Guest Blog by Abigail Mullis

Today, I want to share my daughter's short story where she won 1st place in her district for sixth grade in the Georgia Young Author's Contest.  I hope you enjoy!
It will all be Okay
Sitting on the lake shore the wind blew threw my hair. I breathed in the salty air of Lake Martin. I pulled my knees to my chest and looked out onto the water. This was great, complete silence.

“Eloise,” Mama said, startling me as she touched my shoulder.

“Mama,” I said turning around.

“It’s time for dinner, darling.”

I turned away. “I’m not hungry,” I muttered angrily.

She slowly sat down next to me and looked out onto the lake. “It’s hard for me too, you know.”

I stood up and walked away from her, off to the old tree house. I ran my hand along the the dusty wood ladder, not touched for years. I climbed and then sat on the old platform. The wind rustled through the old oak’s leaves. Shh, it calmed. Then Charlie came climbing up the ladder. Just another person interrupting my peace.

“Eloise,” Charlie said as he sat down next to me. “Why are you so angry? This was gonna happen no matter what you did or said.
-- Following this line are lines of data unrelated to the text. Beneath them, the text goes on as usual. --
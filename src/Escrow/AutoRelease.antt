-- ===== src/Escrow/AutoRelease.antt =====
-- How the resolution of one expired milestone ends (`_resolve_milestone_expiry`), and the books after
-- an automatic release (`_auto_release_milestone`).
use sthrip.Base.{ℕ, ◌≡◌, ◌⊎◌, none, some, inl, inr, ◌∷◌, arith, true, false, or_default, ◌≢◌}
use sthrip.Base.Int.{◌-ℤ◌, int_laws, parts}
use sthrip.Base.Table.{find, set, find-set_self, sum-set, find-All}
use sthrip.Base.Action.{ok}
use sthrip.Models.Parties.{xmr, FeeSource, audit, webhook}
use sthrip.Models.Milestone.{EscrowMilestone, MilestoneStatus}
use sthrip.Models.Escrow.{EscrowDeal, EscrowStatus}
use sthrip.Models.Database.{Db}
use sthrip.Ledger.Held.{counted-sub, held-paid}
use sthrip.Ledger.Rows.{paid}
use sthrip.Fees.{with_fee, fee_sum-with_fee}
use sthrip.Accounting.{in_escrow, assets}
use sthrip.Escrow.MilestoneRepo.{released}
use sthrip.Escrow.Trust.{fee_of, fee_of_bounds}
use sthrip.Escrow.Expiry.{auto_release_event, resolve_milestone_expiry}
use sthrip.Escrow.WellFormed.{IsWellFormed, Positive}
use sthrip.Escrow.MilestoneOutcomes.{
  with_parts, ends_with, after_release, close_state, close_or_advance_lem,
}
use sthrip.Escrow.MilestoneBooks.{after_release-in_escrow}
use sthrip.Escrow.MilestoneExpiry.{expired_state, resolve_milestone_expiry-active}

-- The deal with milestone `seq` released whole.
abbrev pub with_released : ℕ → ℕ → EscrowMilestone → EscrowDeal → EscrowDeal
with_released now seq m d =
    let fee = fee_of m.amount d.fee_percent in
    with_parts (set seq (released now m.amount fee m) d.milestones) d

-- The session in which the milestone is released and the seller has all of it less the fee.
abbrev pub auto_paid_state : ℕ → ℕ → ℕ → EscrowMilestone → EscrowDeal → Db → Db
auto_paid_state now id seq m d db =
    let fee = fee_of m.amount d.fee_percent in
    let t = or_default d.token xmr in
    record db {
      balances = paid now d.seller_id (m.amount -ℤ fee) t db.balances;
      fees = with_fee FeeSource.escrow id t fee db.fees;
      deals = set id (with_released now seq m d) db.deals;
    }

abbrev pub auto_released_state : ℕ → ℕ → ℕ → EscrowMilestone → EscrowDeal → Db → Db
auto_released_state now id seq m d db =
    let fee = fee_of m.amount d.fee_percent in
    let d' = with_released now seq m d in
    let after = close_state now id seq m.amount fee d' (auto_paid_state now id seq m d db) in
    let event = auto_release_event (ends_with seq d') in
    record after {
      journal =
          audit "milestone.auto_released" none (some id)
          ∷ webhook d.seller_id event
          ∷ webhook d.buyer_id event
          ∷ db.journal;
    }

resolve_milestone_expiry-delivered :
    (now id seq : ℕ) (m : EscrowMilestone) (d : EscrowDeal) (db : Db)
    → find id db.deals ≡ some d
    → find seq d.milestones ≡ some m
    → d.status ≡ EscrowStatus.accepted
    → m.status ≡ MilestoneStatus.delivered
    → resolve_milestone_expiry now id seq db ≡ (ok true, auto_released_state now id seq m d db)
unfolding resolve_milestone_expiry
resolve_milestone_expiry-delivered now id seq m d db e em st sm =
    let fee = fee_of m.amount d.fee_percent in
    let d' = with_released now seq m d in
    let ms = set seq (released now m.amount fee m) d.milestones in
    let stored = find-set_self id d' d db.deals e in
    ground (
      arith,
      stored,
      close_or_advance_lem now id seq m.amount fee d ms (auto_paid_state now id seq m d db) stored,
      find-set_self id (after_release now seq m.amount fee d') d' (set id d' db.deals) stored,
    )

-- The resolution does something to this milestone.
abbrev pub IsOpen : MilestoneStatus → Type 0
IsOpen MilestoneStatus.active = Unit
IsOpen MilestoneStatus.delivered = Unit
IsOpen _ = ⊥

resolve_milestone_expiry-other :
    (now id seq : ℕ) (m : EscrowMilestone) (d : EscrowDeal) (db : Db)
    → find id db.deals ≡ some d
    → find seq d.milestones ≡ some m
    → (d.status ≢ EscrowStatus.accepted) ⊎ (¬ IsOpen m.status)
    → resolve_milestone_expiry now id seq db ≡ (ok false, db)
unfolding resolve_milestone_expiry
resolve_milestone_expiry-other now id seq m d db e em h = ground arith

pub resolve_milestone_expiry_unknown :
    (now id seq : ℕ) (d : EscrowDeal) (db : Db)
    → find id db.deals ≡ some d
    → find seq d.milestones ≡ none
    → resolve_milestone_expiry now id seq db ≡ (ok false, db)
unfolding resolve_milestone_expiry
resolve_milestone_expiry_unknown now id seq d db e em = ground arith

-- For a deal that has milestone `seq`: in an accepted deal an active milestone expires, in
-- `expired_state`, and a delivered one is released whole, in `auto_released_state`; any other milestone
-- and any other deal is left, with the answer false.
pub resolve_milestone_expiry_outcome :
    (now id seq : ℕ) (m : EscrowMilestone) (d : EscrowDeal) (db : Db)
    → find id db.deals ≡ some d
    → find seq d.milestones ≡ some m
    → ((d.status ≡ EscrowStatus.accepted)
        × (m.status ≡ MilestoneStatus.active)
        × (resolve_milestone_expiry now id seq db ≡ (ok true, expired_state now id seq m d db)))
      ⊎ ((d.status ≡ EscrowStatus.accepted)
          × (m.status ≡ MilestoneStatus.delivered)
          × (resolve_milestone_expiry now id seq db
              ≡ (ok true, auto_released_state now id seq m d db)))
      ⊎ (((d.status ≢ EscrowStatus.accepted) ⊎ (¬ IsOpen m.status))
          × (resolve_milestone_expiry now id seq db ≡ (ok false, db)))
resolve_milestone_expiry_outcome now id seq m d db e em =
    let expires = resolve_milestone_expiry-active now id seq m d db e em in
    let releases = resolve_milestone_expiry-delivered now id seq m d db e em in
    let leaves = resolve_milestone_expiry-other now id seq m d db e em in
    elim (status_cases d.status m.status) [
      | inl (st, sm) ↦ inl (st, sm, expires st sm)
      | inr (inl (st, sm)) ↦ inr (inl (st, sm, releases st sm))
      | inr (inr other) ↦ inr (inr (other, leaves other))
    ]
  where
    status_cases :
        (s : EscrowStatus) (t : MilestoneStatus)
        → ((s ≡ EscrowStatus.accepted) × (t ≡ MilestoneStatus.active))
          ⊎ ((s ≡ EscrowStatus.accepted) × (t ≡ MilestoneStatus.delivered))
          ⊎ ((s ≢ EscrowStatus.accepted) ⊎ (¬ IsOpen t))
    status_cases s t = ground arith

-- In a well-formed deal of milestones that is accepted, the automatic release of a delivered
-- milestone keeps the books of every token.
pub auto_release_milestone-assets :
    (u now id seq : ℕ) (m : EscrowMilestone) (d : EscrowDeal) (db : Db)
    → find id db.deals ≡ some d
    → find seq d.milestones ≡ some m
    → IsWellFormed d
    → d.is_multi_milestone ≡ true
    → d.status ≡ EscrowStatus.accepted
    → m.status ≡ MilestoneStatus.delivered
    → assets u (resolve_milestone_expiry now id seq db).1 ≡ assets u db
unfolding assets
auto_release_milestone-assets u now id seq m d db e em w multi st sm =
    let fee = fee_of m.amount d.fee_percent in
    let t = or_default d.token xmr in
    let d' = with_released now seq m d in
    let some_left = find-All Positive seq m d.milestones w.parts_positive em in
    let bounds = fee_of_bounds m.amount d.fee_percent some_left w.rate_fits in
    rw (resolve_milestone_expiry-delivered now id seq m d db e em st sm) (
      omega (
        int_laws,
        parts (held-paid u now d.seller_id t (m.amount -ℤ fee) db.balances (omega int_laws)),
        parts (fee_sum-with_fee u FeeSource.escrow id t fee db.fees bounds.0),
        parts (sum-set (in_escrow u) id d' d db.deals e),
        parts (
            sum-set (in_escrow u) id (after_release now seq m.amount fee d') d' (set id d' db.deals)
              (find-set_self id d' d db.deals e)),
        parts (after_release-in_escrow u now seq m.amount fee m d w multi st em sm),
        parts (counted-sub u t m.amount fee),
      ))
I thought you would have suspected this. I always thought you were the smart one.”

“But why? Why do we have to go? Why can’t we just stay here forever?” I asked turning to my older, wiser brother.

“We ran out of money, we can’t pay the mortgage without Dad.”

I sighed. “Why, did he have to go?” I asked.

“I don’t know, no one knows,” he replied.

“But, I don’t want to leave,” I protested.

“No one does, Eloise. We love this place, this house, this yard, this lake, but that’s just how things work.”

I slowly stood up and climbed down the ladder. “Well, Aunt Marion's place better be good.”

“Don’t get your hopes up,” Charlie laughed as he followed behind.

I climbed in the car and took one last look at the beautiful house that held all of my amazing memories. Right in this moment I felt like crying. I could remember Dad picking me up and throwing me in the lake every summer. It was our tradition on the first day of summer break. Charlie patted my back. “It’s okay sis,” he comforted.

“Say goodbye,” Mama bellowed and we drove off. We were half way down the road when I heard her whimper and let out a small sob. “You know the one thing I won’t miss about that house is how you guys tracked in mud in the summer,” she half laughed, half cried as she tried to lighten the mood.

“That’s the thing I’ll miss most,” I heard Charlie muttered.

The rest of the drive it was dead silent until the radio accidentally started blaring If you like pina coladas, and gettin’ caught in the rain, if you don’t like yoga, and you have half a brain… it sang. We laughed hysterically, but soon the song was over and the mood returned. A few minutes later our car pulled into the driveway of an old, scary looking house. Moss and ivy grew up it’s sides. Out of the old front door walked a woman with a tight gray bun and a short yellow sundress. Mama opened the car door.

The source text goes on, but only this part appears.